======== Task inputs
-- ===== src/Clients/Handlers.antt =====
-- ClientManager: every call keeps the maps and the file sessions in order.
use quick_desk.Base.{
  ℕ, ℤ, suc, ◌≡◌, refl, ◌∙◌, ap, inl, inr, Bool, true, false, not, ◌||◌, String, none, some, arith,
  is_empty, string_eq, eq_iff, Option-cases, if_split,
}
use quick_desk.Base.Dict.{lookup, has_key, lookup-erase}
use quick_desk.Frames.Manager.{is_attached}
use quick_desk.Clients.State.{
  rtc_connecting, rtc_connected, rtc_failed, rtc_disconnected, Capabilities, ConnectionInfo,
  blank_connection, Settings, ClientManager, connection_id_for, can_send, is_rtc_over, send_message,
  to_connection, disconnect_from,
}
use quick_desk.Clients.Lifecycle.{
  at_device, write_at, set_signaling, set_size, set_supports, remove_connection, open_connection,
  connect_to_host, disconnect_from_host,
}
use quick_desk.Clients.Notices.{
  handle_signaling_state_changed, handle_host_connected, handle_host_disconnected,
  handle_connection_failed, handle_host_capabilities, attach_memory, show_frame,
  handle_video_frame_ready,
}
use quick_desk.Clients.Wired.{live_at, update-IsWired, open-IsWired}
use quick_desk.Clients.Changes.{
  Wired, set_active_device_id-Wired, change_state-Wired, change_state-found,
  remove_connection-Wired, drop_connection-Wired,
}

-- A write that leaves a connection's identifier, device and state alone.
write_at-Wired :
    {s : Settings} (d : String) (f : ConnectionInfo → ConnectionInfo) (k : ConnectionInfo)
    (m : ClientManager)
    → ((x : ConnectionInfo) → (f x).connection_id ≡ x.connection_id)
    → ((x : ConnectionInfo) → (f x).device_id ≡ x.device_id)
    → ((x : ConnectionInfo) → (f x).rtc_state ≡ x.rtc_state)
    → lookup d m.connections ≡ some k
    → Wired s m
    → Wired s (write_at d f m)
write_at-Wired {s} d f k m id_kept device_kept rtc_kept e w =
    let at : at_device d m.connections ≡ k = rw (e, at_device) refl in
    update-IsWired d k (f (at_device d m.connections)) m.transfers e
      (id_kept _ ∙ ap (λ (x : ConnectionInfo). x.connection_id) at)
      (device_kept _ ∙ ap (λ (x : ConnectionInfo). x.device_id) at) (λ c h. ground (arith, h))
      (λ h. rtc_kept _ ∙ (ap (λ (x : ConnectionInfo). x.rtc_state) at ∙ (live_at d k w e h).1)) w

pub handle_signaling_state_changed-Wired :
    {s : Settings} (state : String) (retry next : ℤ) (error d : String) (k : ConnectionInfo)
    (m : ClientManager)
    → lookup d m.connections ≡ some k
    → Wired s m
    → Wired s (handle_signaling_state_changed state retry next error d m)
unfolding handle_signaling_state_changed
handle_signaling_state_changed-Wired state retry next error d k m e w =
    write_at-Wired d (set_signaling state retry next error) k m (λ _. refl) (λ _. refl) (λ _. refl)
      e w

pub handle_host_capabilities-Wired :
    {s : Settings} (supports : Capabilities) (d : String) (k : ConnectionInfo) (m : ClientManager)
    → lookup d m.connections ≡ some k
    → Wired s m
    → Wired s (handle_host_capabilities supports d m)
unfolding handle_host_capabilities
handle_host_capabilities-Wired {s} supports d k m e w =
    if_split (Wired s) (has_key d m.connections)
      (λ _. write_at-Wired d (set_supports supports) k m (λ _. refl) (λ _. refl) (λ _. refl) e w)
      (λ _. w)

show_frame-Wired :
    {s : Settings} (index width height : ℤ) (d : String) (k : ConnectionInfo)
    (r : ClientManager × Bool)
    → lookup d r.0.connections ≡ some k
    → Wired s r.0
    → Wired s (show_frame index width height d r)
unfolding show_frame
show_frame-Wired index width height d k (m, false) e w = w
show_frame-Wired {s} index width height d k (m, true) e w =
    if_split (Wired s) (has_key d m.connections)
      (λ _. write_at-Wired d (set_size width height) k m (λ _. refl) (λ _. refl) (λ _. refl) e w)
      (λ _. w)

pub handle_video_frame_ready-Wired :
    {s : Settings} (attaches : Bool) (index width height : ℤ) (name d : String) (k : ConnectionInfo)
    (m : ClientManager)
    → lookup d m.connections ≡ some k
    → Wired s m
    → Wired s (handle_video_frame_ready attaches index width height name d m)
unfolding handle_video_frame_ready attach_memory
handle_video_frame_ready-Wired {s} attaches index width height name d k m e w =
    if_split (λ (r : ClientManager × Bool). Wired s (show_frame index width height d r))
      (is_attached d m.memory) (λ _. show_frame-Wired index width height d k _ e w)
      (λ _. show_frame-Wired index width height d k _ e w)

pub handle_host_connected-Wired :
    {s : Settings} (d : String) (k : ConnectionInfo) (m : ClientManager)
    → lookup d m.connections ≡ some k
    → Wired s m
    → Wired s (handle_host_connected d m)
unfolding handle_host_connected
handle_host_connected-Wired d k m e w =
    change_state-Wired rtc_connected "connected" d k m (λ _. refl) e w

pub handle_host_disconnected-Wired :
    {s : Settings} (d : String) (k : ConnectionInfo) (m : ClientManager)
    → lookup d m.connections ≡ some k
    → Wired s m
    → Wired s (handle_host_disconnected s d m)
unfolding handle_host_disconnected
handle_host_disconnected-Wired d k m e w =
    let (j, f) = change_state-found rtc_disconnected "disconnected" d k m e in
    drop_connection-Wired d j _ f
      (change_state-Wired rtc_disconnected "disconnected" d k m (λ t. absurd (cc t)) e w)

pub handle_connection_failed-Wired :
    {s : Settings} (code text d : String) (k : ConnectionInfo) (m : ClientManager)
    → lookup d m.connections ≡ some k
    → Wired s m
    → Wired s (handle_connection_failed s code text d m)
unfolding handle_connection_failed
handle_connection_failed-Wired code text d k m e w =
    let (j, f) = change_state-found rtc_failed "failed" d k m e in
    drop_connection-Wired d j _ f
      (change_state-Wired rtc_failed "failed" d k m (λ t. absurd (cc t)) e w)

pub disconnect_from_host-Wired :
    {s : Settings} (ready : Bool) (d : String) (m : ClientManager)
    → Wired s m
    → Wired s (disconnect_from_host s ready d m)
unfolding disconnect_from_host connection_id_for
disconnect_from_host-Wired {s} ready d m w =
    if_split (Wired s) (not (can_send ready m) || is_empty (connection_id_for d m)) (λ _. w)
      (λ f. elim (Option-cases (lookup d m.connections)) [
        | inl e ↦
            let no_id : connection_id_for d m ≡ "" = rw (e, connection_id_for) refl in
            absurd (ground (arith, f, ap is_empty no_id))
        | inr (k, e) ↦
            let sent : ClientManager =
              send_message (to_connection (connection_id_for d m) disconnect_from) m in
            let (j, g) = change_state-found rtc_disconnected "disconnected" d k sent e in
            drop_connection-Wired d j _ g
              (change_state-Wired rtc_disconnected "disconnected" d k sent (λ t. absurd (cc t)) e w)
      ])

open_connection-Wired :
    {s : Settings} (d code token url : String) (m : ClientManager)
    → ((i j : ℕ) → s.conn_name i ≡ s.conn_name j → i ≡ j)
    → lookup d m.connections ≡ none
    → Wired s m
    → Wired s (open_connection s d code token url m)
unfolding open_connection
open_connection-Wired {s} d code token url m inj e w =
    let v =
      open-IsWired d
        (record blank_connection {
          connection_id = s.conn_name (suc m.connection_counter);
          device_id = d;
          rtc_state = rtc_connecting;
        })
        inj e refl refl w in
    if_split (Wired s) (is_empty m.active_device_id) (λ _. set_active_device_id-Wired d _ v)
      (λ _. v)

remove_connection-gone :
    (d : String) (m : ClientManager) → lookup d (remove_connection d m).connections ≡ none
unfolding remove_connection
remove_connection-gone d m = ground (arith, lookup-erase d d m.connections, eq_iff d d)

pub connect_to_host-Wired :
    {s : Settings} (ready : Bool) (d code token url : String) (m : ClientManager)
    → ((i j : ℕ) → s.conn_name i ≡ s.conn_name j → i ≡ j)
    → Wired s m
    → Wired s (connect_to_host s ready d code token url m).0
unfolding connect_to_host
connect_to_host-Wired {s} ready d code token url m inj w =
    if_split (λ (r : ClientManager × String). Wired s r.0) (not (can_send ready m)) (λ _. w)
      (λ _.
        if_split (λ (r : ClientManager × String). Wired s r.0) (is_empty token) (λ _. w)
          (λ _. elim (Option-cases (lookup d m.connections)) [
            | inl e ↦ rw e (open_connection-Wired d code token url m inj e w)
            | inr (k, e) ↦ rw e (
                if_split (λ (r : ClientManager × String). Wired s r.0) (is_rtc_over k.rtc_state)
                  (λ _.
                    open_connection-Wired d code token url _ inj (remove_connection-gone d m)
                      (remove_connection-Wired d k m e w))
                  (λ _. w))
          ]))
================
[Work request]
In the entries above, work out how many lines contain the string "false", and give only that number.

[Exercise output]
2